1) Since you're going to win the game using one of several specific combinations, it is perhaps not so difficult to determine the probability of drawing the cards needed for any one given combination in a set number of turns. By the time the last card is drawn, you have completed the combination. However, I am not sure you can write down a way to express that as you are working on combination (a), you pull enough cards that it now becomes favorable to work on combination (b) instead.

2) M:TG is not as straight forward as "draw one card per turn until you have sufficient cards to win." The order you play these cards will matter, and since you only get 20 life, you have to keep yourself afloat with whatever defenses you have available until then. Although I'm not familiar with these cards in particular, I highly doubt any of them reads "give up x number of y mana, you win the game." So, in short, you have to go through n turns to gather the cards, and, assuming you can play them as soon as you get them without losing them, defend them until the combination wears down your opponent. This brings me to the third issue.

3) Your opponent exists. I know that sounds snarky, but you have only two options as for how to go about playing your Exodia combination.

a) Play nothing but lands and mana giving cards until you can lay down your whole combo at once. This is obviously bad - you'll just die before you get them out, or have low chances of surviving.

OR

b) Play the cards as you go (or in some collection of short bursts, i.e. maybe two at a time). In this case though, you also have to consider that there are now probabilties of drawing/having any defensive cards needed to stop your opponent from killing your combo before you get it out.
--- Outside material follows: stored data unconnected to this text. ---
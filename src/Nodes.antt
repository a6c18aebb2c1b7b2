-- ===== src/Nodes.antt =====
-- app/controller.py: the per-node accounts that are kept current between node snapshots. `NodeState`
-- is the part of `ControllerState` that they stand in.
pub mod ByClass
pub mod Live
pub mod Rebuild
pub mod Refinement
use gpu_reservation_controll.Base.{
  Bool, Dict, List, Option, String, [], add, any, bind_at, contains, erase, get, has_key,
  if◌then◌else◌, insert, is_none, keep, keys, length, ltb, max_or_zero, nat_eq, none, not,
  option_eq, some, string_eq, sum_by, true, values, ℕ, ℤ, ◌&&◌, ◌==◌, ◌∷◌,
}
use gpu_reservation_controll.State.{GpuPod, pod_eq}
use gpu_reservation_controll.Capacity.{
  largest_node_free_by_class, node_free_from_pods, placement_nodes,
}

pub record NodeState : Type 0 where
  pub node_inventory : Dict String (Dict String ℕ)
  pub node_labels : Dict String (Dict String String)
  pub node_free_by_node_class : Dict String (Dict String ℤ)
  pub node_free_by_class : Dict String ℤ
  pub gpu_pods : Dict String GpuPod
  pub gpu_pod_changes : Dict String (ℕ × Option GpuPod)

abbrev pub no_nodes : NodeState
no_nodes = record {
  node_inventory = [];
  node_labels = [];
  node_free_by_node_class = [];
  node_free_by_class = [];
  gpu_pods = [];
  gpu_pod_changes = [];
}

unfoldable pub install_node_inventory :
    NodeState → Dict String (Dict String ℕ) → Dict String (Dict String String) → NodeState
unfolding node_free_from_pods largest_node_free_by_class
install_node_inventory s inventory node_labels =
    let free = node_free_from_pods inventory (values s.gpu_pods) in
    record s {
      node_inventory = inventory;
      node_labels = node_labels;
      node_free_by_node_class = free;
      node_free_by_class = largest_node_free_by_class free;
    }

-- `{c: inventory[c] for c in targets}`, for targets that the inventory has.
unfoldable pub pick :
    Dict String (Dict String ℕ)
    → List String
    → Dict String (Dict String ℕ)
    → Dict String (Dict String ℕ)
pick inventory [] picked = picked
pick inventory (c ∷ cs) picked =
    pick inventory cs
      (elim (get c inventory) [ none ↦ picked | some nodes ↦ insert c nodes picked ])

-- `for gpu_class, per_node in free.items(): ...`.
unfoldable pub store_free : Dict String (Dict String ℤ) → NodeState → NodeState
store_free [] s = s
store_free ((c, per_node) ∷ free) s = store_free free (record s {
  node_free_by_node_class = insert c per_node s.node_free_by_node_class;
  node_free_by_class = insert c (max_or_zero (values per_node)) s.node_free_by_class;
})

-- The free GPUs of the nodes of some classes, from their pods alone.
unfoldable pub free_of_classes : NodeState → List String → Dict String (Dict String ℤ)
unfolding node_free_from_pods pick
free_of_classes s classes =
    let targets = keep (λ c. has_key c s.node_inventory) classes in
    node_free_from_pods (pick s.node_inventory targets [])
      (keep (λ p. contains p.gpu_class targets) (values s.gpu_pods))

-- With no targets the loop does nothing, as the source returns at once.
unfoldable pub derive_node_free : NodeState → List String → NodeState
unfolding free_of_classes store_free
derive_node_free s classes = store_free (free_of_classes s classes) s

-- The changes that are not older than the snapshot, re-applied over it, and those kept.
unfoldable pub merge_changes :
    ℕ → Dict String (ℕ × Option GpuPod) → Dict String GpuPod → Dict String GpuPod
merge_changes taken_at [] merged = merged
merge_changes taken_at ((uid, (at, change)) ∷ changes) merged = merge_changes taken_at changes (
    if ltb at taken_at
    then merged
    else elim change [ none ↦ erase uid merged | some p ↦ insert uid p merged ])

unfoldable pub rebuild_gpu_pods : NodeState → Dict String GpuPod → ℕ → NodeState
unfolding derive_node_free merge_changes
rebuild_gpu_pods s pods taken_at =
    derive_node_free
      (record s {
        gpu_pods = merge_changes taken_at s.gpu_pod_changes pods;
        gpu_pod_changes = keep (λ kv. not (ltb kv.1.0 taken_at)) s.gpu_pod_changes;
      })
      (keys s.node_inventory)

-- `{p.gpu_class for p in (previous, record) if p is not None}`.
unfoldable pub classes_of : Option GpuPod → Option GpuPod → List String
classes_of none none = []
classes_of none (some q) = q.gpu_class ∷ []
classes_of (some p) none = p.gpu_class ∷ []
classes_of (some p) (some q) = add q.gpu_class (p.gpu_class ∷ [])

-- `self.gpu_pods.pop(uid, None)` or `self.gpu_pods[uid] = record`.
unfoldable pub put_pod : String → Option GpuPod → Dict String GpuPod → Dict String GpuPod
put_pod uid none pods = erase uid pods
put_pod uid (some p) pods = insert uid p pods

unfoldable pub set_gpu_pod : NodeState → String → Option GpuPod → ℕ → NodeState × Option GpuPod
unfolding derive_node_free classes_of put_pod
set_gpu_pod s uid change now =
    let previous = get uid s.gpu_pods in
    let changed : NodeState = record s {
      gpu_pods = put_pod uid change s.gpu_pods;
      gpu_pod_changes = insert uid (now, change) s.gpu_pod_changes;
    } in
    (
      if previous == change then changed else derive_node_free changed (classes_of previous change),
      previous,
    )

-- Whether two sets of nodes, each possibly not limited, meet.
unfoldable pub overlaps : Option (List String) → Option (List String) → Bool
overlaps (some theirs) (some allowed) = any (λ n. contains n allowed) theirs
overlaps (some theirs) none = not (length theirs == 0)
overlaps none (some allowed) = not (length allowed == 0)
overlaps none none = true

unfoldable pub is_claim :
    NodeState → String → Option (List String) → Option String → String × GpuPod → Bool
unfolding overlaps placement_nodes
is_claim s gpu_class allowed exclude_uid (uid, p) =
    not (some uid == exclude_uid)
    && (is_none p.node_name && (p.gpu_class == gpu_class))
    && overlaps
        (placement_nodes p.placement
          (bind_at (get gpu_class s.node_free_by_node_class) (λ nodes. some (keys nodes)))
          s.node_labels)
        allowed

unfoldable pub node_claims : NodeState → String → Option (List String) → Option String → ℕ
unfolding is_claim
node_claims s gpu_class allowed exclude_uid =
    sum_by (λ kv. kv.1.gpu_count) (keep (is_claim s gpu_class allowed exclude_uid) s.gpu_pods)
In this case, we would have to know the content of the other person's deck to calculate the probability in this case.

I guess what I'm getting at is, even though it is obvious from elementary probability that such a value exists, it has too many factors to be computed by hand. You would be best off running a simulation of all possible ways the cards can be drawn in both yours and your foe's deck, and estimate the probabilities this way instead. This is how we approximate the number of games of Solitaire that can be won, and that game is much simpler, with only 52 cards instead of two 60 card decks.

Hope that helps.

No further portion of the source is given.